– Ненавижу. Счастливчик, бля… Ненавижу! За что мне всё это?! За что?!
– Не кричи, ромашка. Не надо на них кричать.
Он развернулся так круто, что едва не упал.
Анька сидела в самом дальнем углу двора, за выступом стены, будто прячась от чужих взглядов. На ней было голубое ситцевое платьице, покрытое пятнами копоти, давно не чёсанные волосы падали на грязное лицо. А по горелой земле были рассыпаны увядшие трупики общипанных ромашек. И много-много белых лепестков.
– Не кричи, – повторила она. – Не надо. Они не виноваты. Не знают они.
– А… – Ромка понял, что не может выдавить ничего связного, и умолк, потрясённо глядя на неё.
– Мы для них цветы, – сказала Анька. – Цветы. Растения. Неразумные. Но красивые. Нас жалко. И нам нужны удобрения. Есть сорняки, их надо выкорчевать сразу. Есть другие, полезные. Есть красивые, для них надо сделать сады. А ещё есть ромашки.
Ромка неотрывно смотрел на неё. А она смотрела в землю, на мёртвые цветы. Подол её был платья вымазан тёмно-зелёным травяным соком.
– Есть ромашки, – повторила она. – Они особенные. Они приносят удачу. На ромашке можно что-то загадать, на счастье. И отрывать по лепестку. Когда ты отрываешь лепестки – ты же не думаешь, что ромашке больно. Ты думаешь только: любит – не любит. Ромашка тебе нужна только для этого.
Она подняла голову и взглянула на Ромку. Глаза у неё были тёмно-серые и абсолютно пустые.
– Мы сорняки, – сказала она. – А ты ромашка.
– Аня, что ты… – дар речи вернулся к Ромке, и силы тоже, но он всё так же стоял в десяти шагах от неё. – Ань, ты ведь… говоришь…

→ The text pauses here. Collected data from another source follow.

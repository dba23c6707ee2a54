-- ===== src/Spsc/Facts.antt =====
-- The invariant of the two threads of `SPSCQueue`, in terms of the two histories.
use cpp_concurrency_toolbox.Base.{
  ℕ, suc, ◌+◌, ◌-◌, ◌%◌, ◌^◌, ◌≤◌, ◌<◌, ◌≡◌, ◌≢◌, List, some, length, get_elem?, take,
}
use cpp_concurrency_toolbox.Spsc.{Queue, next_index}
use cpp_concurrency_toolbox.Spsc.Steps.{Producer, Consumer}

-- The elements that the consumer has taken out of their cell and not yet released.
abbrev pub in_hand : {A : Type 0} → Consumer A → ℕ
in_hand (Consumer.taken h a) = 1
in_hand _ = 0

module _ {A : Type 0} (k : ℕ) (m : Queue A) (log got : List A) where
  abbrev pub HasRoom : Type 0
  HasRoom = suc (length log) < length got + 2 ^ k

  -- What the locals of the producer say about shared memory.
  abbrev pub ProducerFresh : Producer A → Type 0
  ProducerFresh Producer.idle = Unit
  ProducerFresh (Producer.loaded_tail t a) = t ≡ m.tail
  ProducerFresh (Producer.loaded_head t h a) =
      (t ≡ m.tail) × (next_index m.capacity_mask t ≢ h → HasRoom)
  ProducerFresh (Producer.written t a) = (t ≡ m.tail) × HasRoom × (m.buffer t ≡ a)

  -- What the locals of the consumer say about shared memory.
  abbrev pub ConsumerFresh : Consumer A → Type 0
  ConsumerFresh Consumer.idle = Unit
  ConsumerFresh (Consumer.loaded_head h) = h ≡ m.head
  ConsumerFresh (Consumer.loaded_tail h t) = (h ≡ m.head) × (h ≢ t → length got < length log)
  ConsumerFresh (Consumer.taken h a) = (h ≡ m.head) × (get_elem? log (length got) ≡ some a)

-- The indices are the numbers of elements that went in and out, and each cell from the first that is
-- not taken (`hand` is 1 while the consumer holds an element) holds its element.
pub record Shared {A : Type 0} (k : ℕ) (m : Queue A) (hand : ℕ) (log got : List A) : Type 0 where
  pub small : k ≤ 63
  pub mask : m.capacity_mask ≡ 2 ^ k - 1
  pub head_at : m.head ≡ length got % 2 ^ k
  pub tail_at : m.tail ≡ length log % 2 ^ k
  pub order : length got + hand ≤ length log
  pub room : length log < length got + 2 ^ k
  pub in_order : got ≡ take (length got) log
  pub cells :
      (i : ℕ) (a : A) → length got + hand ≤ i → get_elem? log i ≡ some a → m.buffer (i % 2 ^ k) ≡ a

pub record Inv {A : Type 0} (k : ℕ) (m : Queue A) (p : Producer A) (c : Consumer A)
    (log got : List A) : Type 0 where
  pub shared : Shared k m (in_hand c) log got
  pub producer_fresh : ProducerFresh k m log got p
  pub consumer_fresh : ConsumerFresh k m log got c
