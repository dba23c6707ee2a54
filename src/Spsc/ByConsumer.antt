-- ===== src/Spsc/ByConsumer.antt =====
-- A step of the consumer keeps the invariant.
use cpp_concurrency_toolbox.Base.{
  ℕ, ◌%◌, ◌^◌, ◌<◌, ◌≡◌, ◌≢◌, refl, List, [], ◌∷◌, ◌++◌, some, length, get_elem?, take, arith,
  mod_injective, mod_next, length-snoc, take-suc, get_elem?-some, lt_of_get_elem?, sym, ◌∙◌, ap,
  update,
}
use cpp_concurrency_toolbox.Spsc.{Queue, next_index}
use cpp_concurrency_toolbox.Spsc.Sequential.{next_index-mod}
use cpp_concurrency_toolbox.Spsc.Steps.{
  Producer, Consumer, Consume, load_head, load_tail, find_empty, release,
}
use cpp_concurrency_toolbox.Spsc.Steps
use cpp_concurrency_toolbox.Spsc.Facts.{ProducerFresh, Shared, Inv}

module _ {A : Type 0} {k : ℕ} {m : Queue A} {hand : ℕ} {log got : List A}
    (held : Shared k m hand log got) where
  open held use {small, mask, head_at, tail_at, order, room, in_order, cells}

  more_of_test : (h t : ℕ) → h ≡ m.head → h ≢ m.tail → length got < length log
  more_of_test h t e ne = ground (arith, head_at, tail_at, order, same)
    where
      same : length got ≡ length log → length got % 2 ^ k ≡ length log % 2 ^ k
      same f = ap (λ i. i % 2 ^ k) f

module _ {A : Type 0} {k : ℕ} {m : Queue A} {log got : List A} where
  -- The cell that is taken is the one of the oldest element.
  take-Shared :
      (h : ℕ) (b : A)
      → h ≡ m.head
      → length got < length log
      → Shared k m 0 log got
      → Shared k (record m { buffer = update m.buffer h b }) 1 log got
  take-Shared h b e more held = record {
    small = small;
    mask = mask;
    head_at = head_at;
    tail_at = tail_at;
    order = omega arith;
    room = room;
    in_order = in_order;
    cells = λ i a from at. ground (
      arith,
      cells i a (omega arith) at,
      head_at,
      lt_of_get_elem? log i at,
      mod_injective (2 ^ k) (length got) i,
    );
  }
    where
      open held use {small, mask, head_at, tail_at, order, room, in_order, cells}

  -- The cell at the head holds the oldest element.
  oldest :
      (h : ℕ)
      → h ≡ m.head
      → length got < length log
      → Shared k m 0 log got
      → get_elem? log (length got) ≡ some (m.buffer h)
  oldest h e more held =
      let (a, there) = get_elem?-some log (length got) more in
      ground (arith, there, held.head_at, held.cells (length got) a (omega arith) there)

  release-Shared :
      (h : ℕ) (a : A)
      → h ≡ m.head
      → get_elem? log (length got) ≡ some a
      → Shared k m 1 log got
      → Shared k (record m { head = next_index m.capacity_mask h }) 0 log (got ++ (a ∷ []))
  release-Shared h a e oldest held = record {
    small = small;
    mask = mask;
    head_at =
        rw (length-snoc got a, mask, e, next_index-mod k m.head small, head_at)
          (mod_next (2 ^ k) (length got) ∙ ap (λ t. t % 2 ^ k) (omega arith));
    tail_at = tail_at;
    order = omega (arith, length-snoc got a);
    room = omega (arith, length-snoc got a);
    in_order =
        ap (λ t. t ++ (a ∷ [])) in_order
        ∙ sym (take-suc (length got) log oldest)
        ∙ ap (λ n. take n log) (sym (length-snoc got a));
    cells = λ i b from at. cells i b (omega (arith, length-snoc got a)) at;
  }
    where
      open held use {small, mask, head_at, tail_at, order, room, in_order, cells}

module _ {A : Type 0} (k : ℕ) (log got : List A) where
  -- The cell that the producer has filled is not the one that the consumer takes.
  ProducerFresh-take :
      (m : Queue A) (h : ℕ) (b : A) (p : Producer A)
      → h ≡ m.head
      → length got < length log
      → Shared k m 0 log got
      → ProducerFresh k m log got p
      → ProducerFresh k (record m { buffer = update m.buffer h b }) log got p
  ProducerFresh-take m h b Producer.idle e more held fresh = fresh
  ProducerFresh-take m h b (Producer.loaded_tail t a) e more held fresh = fresh
  ProducerFresh-take m h b (Producer.loaded_head t h' a) e more held fresh = fresh
  ProducerFresh-take m h b (Producer.written t a) e more held fresh =
      let (at_tail, free, there) = fresh in
      (
        at_tail,
        free,
        ground (arith, held.head_at, held.tail_at, mod_injective (2 ^ k) (length got) (length log)),
      )

  ProducerFresh-release :
      (m : Queue A) (h : ℕ) (b : A) (p : Producer A)
      → ProducerFresh k m log got p
      → ProducerFresh k (record m { head = h }) log (got ++ (b ∷ [])) p
  ProducerFresh-release m h b Producer.idle fresh = fresh
  ProducerFresh-release m h b (Producer.loaded_tail t a) fresh = fresh
  ProducerFresh-release m h b (Producer.loaded_head t h' a) fresh =
      (fresh.0, λ ne. omega (arith, length-snoc got b, fresh.1 ne))
  ProducerFresh-release m h b (Producer.written t a) fresh =
      (fresh.0, omega (arith, length-snoc got b), fresh.2)

module _ {A : Type 0} {moved : A → A} {k : ℕ} {log got : List A} where
  pub Consume-Inv :
      {p : Producer A} {m : Queue A} {c : Consumer A} {m' : Queue A} {got' : List A}
      {c' : Consumer A}
      → Consume moved m got c m' got' c'
      → Inv k m p c log got
      → Inv k m' p c' log got'
  Consume-Inv load_head inv = record {
    shared = inv.shared;
    producer_fresh = inv.producer_fresh;
    consumer_fresh = refl;
  }
  Consume-Inv {m} (load_tail {h}) inv = record {
    shared = inv.shared;
    producer_fresh = inv.producer_fresh;
    consumer_fresh =
        (inv.consumer_fresh, λ ne. more_of_test inv.shared h m.tail inv.consumer_fresh ne);
  }
  Consume-Inv (find_empty same) inv = record {
    shared = inv.shared;
    producer_fresh = inv.producer_fresh;
    consumer_fresh = tt;
  }
  Consume-Inv {p} {m} (Steps.take {h} {t} ne) inv =
      let (e, test) = inv.consumer_fresh in
      record {
        shared = take-Shared h (moved (m.buffer h)) e (test ne) inv.shared;
        producer_fresh =
            ProducerFresh-take k log got m h (moved (m.buffer h)) p e (test ne) inv.shared
              inv.producer_fresh;
        consumer_fresh = (e, oldest h e (test ne) inv.shared);
      }
  Consume-Inv {p} {m} (release {h} {a}) inv =
      let (e, oldest) = inv.consumer_fresh in
      record {
        shared = release-Shared h a e oldest inv.shared;
        producer_fresh =
            ProducerFresh-release k log got m (next_index m.capacity_mask h) a p inv.producer_fresh;
        consumer_fresh = tt;
      }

– Говорю, Рома. Я всегда могла. Просто я её всё время слушала. Другую. С самого начала. У них время течёт гораздо медленнее. Та Другая – маленькая девочка и гадает на ромашке. Она гадает, а я слушаю. Это было так… ну, у меня сил не оставалось. Ни на что больше. Даже тебя предупредить. Хотя о чём тут предупреждать?
– А… теперь?
– А теперь она замолчала. Я ей сказала, что не могу больше. Что она должна перестать. Что ромашке очень больно, когда ей обрывают лепестки. Она так испугалась… И перестала со мной разговаривать. Она ничего не понимает, Ром. Она… такая маленькая ещё.
Анька вдруг уставилась на свои руки, будто впервые их увидела. Прерывисто вздохнула и умоляюще протянула к Ромке грязные ладони.
– Ром, я столько этих ромашек оборвала, – жалобно сказала она. – Ты мне их носил и носил, а я… столько их оборвала! Что же я наделала, Рома? Что я наделала?
Он медленно подошёл к ней. Опустился на колени. Сухие губы Аньки дрожали, и немытые космы волос, и ресницы – дрожало всё. Ромке захотелось обнять её, прижать к себе, крепко, яростно. Ты же мой последний лепесток, подумал он, ты осталась последняя, и если эта глупенькая, испуганная Другая тебя оторвёт, я останусь таким маленьким и убогим… Но пока что ты есть. Пока что ты есть. Ты, последний лепесток…
И та девочка, племя которой выкорчёвывает человечество – она уже знает ответ на свой вопрос.
И мы знаем тоже, да?
– Не страшно, Ань, – сказал Ромка. – Это ничего. Ничего… Смотри.
Он поднял вялый общипанный стебелёк, с третьей попытки подцепил ногтем лепесток с обугленной земли. Приставил почерневшее основание лепестка к желтой сердцевине ромашки, аккуратно вставил между свалявшимися тычинками и чашечкой.
Убрал пальцы.
Анька подалась вперёд всем телом, упёрла руки в колени. Её дыхание было шумным и частым, и надрывным, будто она хотела что-то сказать и не могла.
И они сидели вот так вдвоем посреди сожженного мира, смотрели на одинокий лепесток, и верили, правда верили, что он не упадёт.